Spór o darmowy internet w USA

The Washington Post, MEW
opublikowano: 2013-02-04 09:26

Amerykańskie UKE chce udostępnić na szeroką skalę sieci WiFi, pozwalające na darmowy internet i rozmowy telefoniczne. Operatorzy komórkowi protestują. Giganci technologiczni są „za”

Amerykański rząd chce stworzyć siatkę sieci bezprzewodowego internetu WiFi w całej USA, tak silnych i rozległych, by Amerykanie mogli rozmawiać przez telefon i surfować po Internecie bez konieczności płacenia za rachunki co miesiąc, pisze the Washington Post.
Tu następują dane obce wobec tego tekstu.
-- ===== src/Scan/Scanner.antt =====
-- internal/app/scan.go: the method Scan, one function for each of its stages.
use devdiag.Base.{
  ◌^^◌, if◌then◌else◌, String, List, [], ◌∷◌, ◌++◌, none, some, false, ◌||◌, ◌=ₛ◌, is_blank, length,
  map,
}
use devdiag.Base.Number.{itoa_nat}
use devdiag.Base.Text.Split.{joined}
use devdiag.Schema.{CollectorStatus, CollectorResult, Finding, Report}
use devdiag.Findings.{add}
use devdiag.Scan.{
  Event, ScanOptions, Evaluation, evaluated, engine_error, RulePackResult, ScannerDeps, ScanError,
  m1_error, rule_pack_error, ScanOutcome, started_event, failed_event, evaluated_event,
  engine_error_event, finding_event, completed_event, observed_event, emitted, populate_host_info,
  blank_host,
}

-- `allFindings`, `results` and the events so far
pub record Progress : Type 0 where
  pub findings : List Finding
  pub results : List CollectorResult
  pub events : List Event

abbrev pub with_findings : Progress → Event → List Finding → Progress
with_findings s e fs = record s {
  findings = s.findings ++ fs;
  events = s.events ++ e ∷ map finding_event fs;
}

-- An engine that may fail: its failure is told, and the scan goes on.
unfoldable pub add_on : String → String → Evaluation → Progress → Progress
add_on engine label (evaluated fs) s = with_findings s (evaluated_event engine label fs) fs
add_on engine label (engine_error text) s = record s {
  events = s.events ++ engine_error_event engine label text ∷ [];
}

unfoldable pub run_m6 : {S : Type 0} → ScannerDeps S → ScanOptions → S → Progress → Progress
run_m6 deps opts snapshot s =
    if opts.profile =ₛ "ai-ml" then add_on "m6" "M6 engine" (deps.m6 snapshot) s else s

unfoldable pub run_m8 : {S : Type 0} → ScannerDeps S → ScanOptions → S → Progress → Progress
run_m8 deps opts snapshot s =
    if deps.signals.has_ci || opts.ci then add_on "m8" "M8 engine" (deps.m8 snapshot) s else s

abbrev pub pack_result : RulePackResult → CollectorResult
pack_result eval = record {
  name = "rulepack";
  status = CollectorStatus.ok;
  applicable = none;
  timeout_ms = 0;
  partial_result = false;
  evidence =
      record { source = "rulepack_id"; value = eval.pack_id }
      ∷ record { source = "rulepack_engine"; value = eval.pack_engine }
      ∷ record { source = "rulepack_findings"; value = itoa_nat (length eval.findings) }
      ∷ [];
  notes = [];
}

unfoldable pub failed_scan :
    {S : Type 0} → ScannerDeps S → ScanOptions → Progress → ScanError → String → ScanOutcome
failed_scan deps opts s error text = record {
  report = none;
  error = some error;
  events = map (emitted deps opts) (s.events ++ failed_event text ∷ []);
}

-- the report, from findings that are aggregated
unfoldable pub report_of : {S : Type 0} → ScannerDeps S → ScanOptions → Progress → Report
report_of deps opts s = record {
  schema_version = "0.1";
  devdiag_version = deps.version;
  run_id = deps.run_id;
  redaction_status = opts.redact_level;
  repo = record { root = deps.signals.root; signals = [] };
  host = populate_host_info s.results blank_host;
  collectors = s.results;
  findings = add s.findings;
}

unfoldable pub complete : {S : Type 0} → ScannerDeps S → ScanOptions → Progress → ScanOutcome
complete deps opts s =
    let report = report_of deps opts s in
    record {
      report = some report;
      error = none;
      events = map (emitted deps opts) (s.events ++ completed_event report.findings ∷ []);
    }

unfoldable pub run_pack :
    {S : Type 0} → ScannerDeps S → ScanOptions → RulePackResult → Progress → ScanOutcome
run_pack deps opts eval s =
    if eval.valid
    then complete deps opts (
        with_findings (record s { results = s.results ++ pack_result eval ∷ [] })
          (evaluated_event "rulepack" "rule pack" eval.findings) eval.findings)
    else failed_scan deps opts s (rule_pack_error eval.errors)
        ("rule pack validation failed: " ^^ joined "; " eval.errors)

unfoldable pub after_engines :
    {S : Type 0} → ScannerDeps S → ScanOptions → S → Progress → ScanOutcome
after_engines deps opts snapshot s =
    if is_blank opts.rule_pack_path
    then complete deps opts s
    else run_pack deps opts (deps.rule_pack opts.rule_pack_path snapshot) s

unfoldable pub after_m1 :
    {S : Type 0} → ScannerDeps S → ScanOptions → S → Evaluation → Progress → ScanOutcome
after_m1 deps opts snapshot (engine_error text) s = failed_scan deps opts s (m1_error text) text
after_m1 deps opts snapshot (evaluated fs) s = after_engines deps opts snapshot (
    run_m8 deps opts snapshot
      (run_m6 deps opts snapshot (with_findings s (evaluated_event "m1" "M1 engine" fs) fs)))

-- `Scanner.Scan`
unfoldable pub scan : {S : Type 0} → ScannerDeps S → ScanOptions → ScanOutcome
scan deps opts =
    let snapshot = deps.build deps.results in
    after_m1 deps opts snapshot (deps.m1 snapshot) (record {
      findings = [];
      results = deps.results;
      events = started_event ∷ map observed_event deps.observed;
    })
Propozycja Federalnej Komisji Łączności (odpowiednik polskiego UKE) spotkała się z zaciętym oporem ze strony wartej 178 mld USD branży telefonii komórkowej. Operatorzy rozpoczęli silną kampanię lobbingową, by odwieść regulatora od tego pomysłu. Po drugiej stronie stanął Google, Microsoft i inni giganci technologiczni, którzy z równą intensywnością przekonują, że darmowe WiFi dla wszystkich byłoby iskrą umożliwiającą eksplozję innowacji i urządzeń, których beneficjentami byłaby większość Amerykanów, w szczególności biednych.

FKŁ wciąż debatuje nad propozycją, a jeśli zdecyduje się uwolnić częstotliwości pod darmowe WiFi – ich budowa zajmie kilka lat. Darmowe WiFi miałoby być dostępne w prawie każdym obszarze miejskim i w wielu obszarach wiejskich. Pozwoliłyby komunikować się testowanym ostatnio samochodom bez kierowców (driver less cars) między sobą,  albo umożliwiałyby kontakt urządzeń zdalnego monitorowania zdrowia z centrum diagnostycznym.

W Polsce niektóre samorządy oferują darmowe WiFi, choć na stosunkowo małą skalę. Budzi to duże obawy ze strony operatorów kablowych, którzy boją się, że konkurencja ze strony darmowych sieci podetnie podstawy ich biznesu, czyli płatny internet.